What you give back should match the records word for word.

[Records contained in a dataset]
··········

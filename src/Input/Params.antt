-- ===== src/Input/Params.antt =====
-- The parameters of an escape sequence: `parse_kitty` and `parse_sgr` of
-- oxiterm-proto/src/input/decoder.rs, with `str::split` and `str::parse` as they use them.
pub mod Decimal
pub mod Mouse
use oxiterm.Common.{
  ℕ, zero, suc, ◌+◌, ◌-◌, ◌*◌, ◌/◌, ◌%◌, Bool, true, false, ◌&&◌, ◌||◌, Option, none, some, List,
  [], ◌∷◌, ltb, leb, ◌==◌, has_bit, if◌then◌else◌,
}
use oxiterm.Input.{
  KeyKind, KeyModifiers, no_modifiers, KeyEvent, MouseButton, MouseAction, MouseInput,
}
use oxiterm.Input.Utf8.{from_utf8, valid, invalid, truncated}
use oxiterm.Common.{is_char}

-- `s.split(sep)`: one part more than there are separators.
cons_to_first : ℕ → List (List ℕ) → List (List ℕ)
cons_to_first c [] = (c ∷ []) ∷ []
cons_to_first c (part ∷ parts) = (c ∷ part) ∷ parts

pub split : ℕ → List ℕ → List (List ℕ)
unfolding cons_to_first
split sep [] = [] ∷ []
split sep (c ∷ s) =
    let parts = split sep s in if c == sep then [] ∷ parts else cons_to_first c parts

unfoldable pub parse_digits : ℕ → ℕ → List ℕ → Option ℕ
parse_digits max acc [] = some acc
parse_digits max acc (c ∷ s) =
    let acc' = acc * 10 + (c - 48) in
    let rest = parse_digits max acc' s in
    if leb 48 c && leb c 57 && leb acc' max then rest else none

-- `s.parse::<u16>()` and `s.parse::<u32>()`: digits behind an optional plus, and `none` for an empty
-- text, another character or a value above `max`.
pub parse_uint : ℕ → List ℕ → Option ℕ
unfolding parse_digits
parse_uint max [] = none
parse_uint max (c ∷ []) = parse_digits max 0 (c ∷ [])
parse_uint max (c ∷ d ∷ s) =
    if c == b'+' then parse_digits max 0 (d ∷ s) else parse_digits max 0 (c ∷ d ∷ s)

abbrev pub u32_max : ℕ
u32_max = 4294967295

abbrev pub u16_max : ℕ
u16_max = 65535

-- `parts[0].parse::<u32>().ok().and_then(std::char::from_u32)`
pub parse_codepoint : List ℕ → Option ℕ
unfolding parse_uint is_char
parse_codepoint s = elim (parse_uint u32_max s) [
  | none ↦ none
  | some v ↦ if is_char v then some v else none
]

-- `parse::<u32>().unwrap_or(1).saturating_sub(1)`
pub modifier_value : List ℕ → ℕ
unfolding parse_uint
modifier_value s = elim (parse_uint u32_max s) [ none ↦ 0 | some v ↦ v - 1 ]

pub kitty_modifiers : ℕ → KeyModifiers
kitty_modifiers mod_val = record no_modifiers {
  shift = has_bit mod_val 0x01;
  alt = has_bit mod_val 0x02;
  ctrl = has_bit mod_val 0x04;
  meta = has_bit mod_val 0x08;
}

pub kitty_kind : List (List ℕ) → KeyKind
kitty_kind (_ ∷ (c ∷ []) ∷ _) =
    if c == b'2' then KeyKind.repeat else if c == b'3' then KeyKind.release else KeyKind.press
kitty_kind _ = KeyKind.press

-- The second part of the sequence: the modifiers, and the kind behind a colon.
kitty_second : List (List ℕ) → KeyModifiers × KeyKind
unfolding modifier_value kitty_modifiers kitty_kind
kitty_second [] = (no_modifiers, KeyKind.press)
kitty_second (first ∷ rest) = (kitty_modifiers (modifier_value first), kitty_kind (first ∷ rest))

kitty_key : List (List ℕ) → Option KeyEvent
unfolding parse_codepoint kitty_second split
kitty_key [] = none
kitty_key (first ∷ []) = elim (parse_codepoint first) [
  | none ↦ none
  | some c ↦ some (record { codepoint = c; modifiers = no_modifiers; kind = KeyKind.press })
]
kitty_key (first ∷ mod_part ∷ _) = elim (parse_codepoint first) [
  | none ↦ none
  | some c ↦
      let (modifiers, kind) = kitty_second (split b':' mod_part) in
      some (record { codepoint = c; modifiers = modifiers; kind = kind })
]

unfoldable pub parse_kitty : List ℕ → Option KeyEvent
unfolding kitty_key from_utf8
parse_kitty seq = elim (from_utf8 seq) [
  | valid s ↦ kitty_key (split b';' s)
  | invalid ↦ none
  | truncated ↦ none
]

pub sgr_modifiers : ℕ → KeyModifiers
sgr_modifiers b_val = record no_modifiers {
  shift = has_bit b_val 0x04;
  alt = has_bit b_val 0x08;
  ctrl = has_bit b_val 0x10;
}

-- `b_val & 0x43`: the bits 0, 1 and 6.
pub sgr_button : ℕ → MouseButton
sgr_button b_val =
    let masked = b_val % 4 + b_val / 64 % 2 * 64 in
    if masked == 0
    then MouseButton.left
    else if masked == 1
    then MouseButton.middle
    else if masked == 2
    then MouseButton.right
    else if masked == 64
    then MouseButton.wheel_up
    else if masked == 65
    then MouseButton.wheel_down
    else MouseButton.none

pub sgr_action : ℕ → Bool → MouseAction
sgr_action b_val pressed =
    if has_bit b_val 0x20
    then MouseAction.move
    else if pressed
    then MouseAction.press
    else MouseAction.release

pub sgr_mouse : ℕ → ℕ → ℕ → Bool → MouseInput
unfolding sgr_modifiers sgr_button sgr_action
sgr_mouse b_val col row pressed = record {
  col = col;
  row = row;
  button = sgr_button b_val;
  action = sgr_action b_val pressed;
  modifiers = sgr_modifiers b_val;
}

pub sgr_fields : List (List ℕ) → Bool → Option MouseInput
unfolding parse_uint sgr_mouse
sgr_fields (b ∷ c ∷ r ∷ []) pressed = elim (parse_uint u32_max b) [
  | none ↦ none
  | some b_val ↦ elim (parse_uint u16_max c) [
    | none ↦ none
    | some col ↦ elim (parse_uint u16_max r) [
      | none ↦ none
      | some row ↦ some (sgr_mouse b_val col row pressed)
    ]
  ]
]
sgr_fields _ pressed = none

unfoldable pub parse_sgr : List ℕ → Bool → Option MouseInput
unfolding sgr_fields from_utf8 split
parse_sgr seq pressed = elim (from_utf8 seq) [
  | valid s ↦ sgr_fields (split b';' s) pressed
  | invalid ↦ none
  | truncated ↦ none
]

··········

__Exercise result__
filename src/Input/Params.antt
-- ===== src/Input/Params.antt =====
-- The parameters of an escape sequence: `parse_kitty` and `parse_sgr` of
-- oxiterm-proto/src/input/decoder.rs, with `str::split` and `str::parse` as they use them.
pub mod Decimal
pub mod Mouse
use oxiterm.Common.{
  ℕ, zero, suc, ◌+◌, ◌-◌, ◌*◌, ◌/◌, ◌%◌, Bool, true, false, ◌&&◌, ◌||◌, Option, none, some, List,
  [], ◌∷◌, ltb, leb, ◌==◌, has_bit, if◌then◌else◌,
}
use oxiterm.Input.{
  KeyKind, KeyModifiers, no_modifiers, KeyEvent, MouseButton, MouseAction, MouseInput,
}
use oxiterm.Input.Utf8.{from_utf8, valid, invalid, truncated}
use oxiterm.Common.{is_char}

-- `s.split(sep)`: one part more than there are separators.
cons_to_first : ℕ → List (List ℕ) → List (List ℕ)
cons_to_first c [] = (c ∷ []) ∷ []
cons_to_first c (part ∷ parts) = (c ∷ part) ∷ parts

pub split : ℕ → List ℕ → List (List ℕ)
unfolding cons_to_first
split sep [] = [] ∷ []
split sep (c ∷ s) =
    let parts = split sep s in if c == sep then [] ∷ parts else cons_to_first c parts

unfoldable pub parse_digits : ℕ → ℕ → List ℕ → Option ℕ
parse_digits max acc [] = some acc
parse_digits max acc (c ∷ s) =
    let acc' = acc * 10 + (c - 48) in
    let rest = parse_digits max acc' s in
    if leb 48 c && leb c 57 && leb acc' max then rest else none

-- `s.parse::<u16>()` and `s.parse::<u32>()`: digits behind an optional plus, and `none` for an empty
-- text, another character or a value above `max`.
pub parse_uint : ℕ → List ℕ → Option ℕ
unfolding parse_digits
parse_uint max [] = none
parse_uint max (c ∷ []) = parse_digits max 0 (c ∷ [])
parse_uint max (c ∷ d ∷ s) =
    if c == b'+' then parse_digits max 0 (d ∷ s) else parse_digits max 0 (c ∷ d ∷ s)

abbrev pub u32_max : ℕ
u32_max = 4294967295

abbrev pub u16_max : ℕ
u16_max = 65535

-- `parts[0].parse::<u32>().ok().and_then(std::char::from_u32)`
pub parse_codepoint : List ℕ → Option ℕ
unfolding parse_uint is_char
parse_codepoint s = elim (parse_uint u32_max s) [
  | none ↦ none
  | some v ↦ if is_char v then some v else none
]

-- `parse::<u32>().unwrap_or(1).saturating_sub(1)`
pub modifier_value : List ℕ → ℕ
unfolding parse_uint
modifier_value s = elim (parse_uint u32_max s) [ none ↦ 0 | some v ↦ v - 1 ]

pub kitty_modifiers : ℕ → KeyModifiers
kitty_modifiers mod_val = record no_modifiers {
  shift = has_bit mod_val 0x01;
  alt = has_bit mod_val 0x02;
  ctrl = has_bit mod_val 0x04;
  meta = has_bit mod_val 0x08;
}

pub kitty_kind : List (List ℕ) → KeyKind
kitty_kind (_ ∷ (c ∷ []) ∷ _) =
    if c == b'2' then KeyKind.repeat else if c == b'3' then KeyKind.release else KeyKind.press
kitty_kind _ = KeyKind.press

-- The second part of the sequence: the modifiers, and the kind behind a colon.
kitty_second : List (List ℕ) → KeyModifiers × KeyKind
unfolding modifier_value kitty_modifiers kitty_kind
kitty_second [] = (no_modifiers, KeyKind.press)
kitty_second (first ∷ rest) = (kitty_modifiers (modifier_value first), kitty_kind (first ∷ rest))

kitty_key : List (List ℕ) → Option KeyEvent
unfolding parse_codepoint kitty_second split
kitty_key [] = none
kitty_key (first ∷ []) = elim (parse_codepoint first) [
  | none ↦ none
  | some c ↦ some (record { codepoint = c; modifiers = no_modifiers; kind = KeyKind.press })
]
kitty_key (first ∷ mod_part ∷ _) = elim (parse_codepoint first) [
  | none ↦ none
  | some c ↦
      let (modifiers, kind) = kitty_second (split b':' mod_part) in
      some (record { codepoint = c; modifiers = modifiers; kind = kind })
]

unfoldable pub parse_kitty : List ℕ → Option KeyEvent
unfolding kitty_key from_utf8
parse_kitty seq = elim (from_utf8 seq) [
  | valid s ↦ kitty_key (split b';' s)
  | invalid ↦ none
  | truncated ↦ none
]

pub sgr_modifiers : ℕ → KeyModifiers
sgr_modifiers b_val = record no_modifiers {
  shift = has_bit b_val 0x04;
  alt = has_bit b_val 0x08;
  ctrl = has_bit b_val 0x10;
}

-- `b_val & 0x43`: the bits 0, 1 and 6.
pub sgr_button : ℕ → MouseButton
sgr_button b_val =
    let masked = b_val % 4 + b_val / 64 % 2 * 64 in
    if masked == 0
    then MouseButton.left
    else if masked == 1
    then MouseButton.middle
    else if masked == 2
    then MouseButton.right
    else if masked == 64
    then MouseButton.wheel_up
    else if masked == 65
    then MouseButton.wheel_down
    else MouseButton.none

pub sgr_action : ℕ → Bool → MouseAction
sgr_action b_val pressed =
    if has_bit b_val 0x20
    then MouseAction.move
    else if pressed
    then MouseAction.press
    else MouseAction.release

pub sgr_mouse : ℕ → ℕ → ℕ → Bool → MouseInput
unfolding sgr_modifiers sgr_button sgr_action
sgr_mouse b_val col row pressed = record {
  col = col;
  row = row;
  button = sgr_button b_val;
  action = sgr_action b_val pressed;
  modifiers = sgr_modifiers b_val;
}

pub sgr_fields : List (List ℕ) → Bool → Option MouseInput
unfolding parse_uint sgr_mouse
sgr_fields (b ∷ c ∷ r ∷ []) pressed = elim (parse_uint u32_max b) [
  | none ↦ none
  | some b_val ↦ elim (parse_uint u16_max c) [
    | none ↦ none
    | some col ↦ elim (parse_uint u16_max r) [
      | none ↦ none
      | some row ↦ some (sgr_mouse b_val col row pressed)
    ]
  ]
]
sgr_fields _ pressed = none

unfoldable pub parse_sgr : List ℕ → Bool → Option MouseInput
unfolding sgr_fields from_utf8 split
parse_sgr seq pressed = elim (from_utf8 seq) [
  | valid s ↦ sgr_fields (split b';' s) pressed
  | invalid ↦ none
  | truncated ↦ none
]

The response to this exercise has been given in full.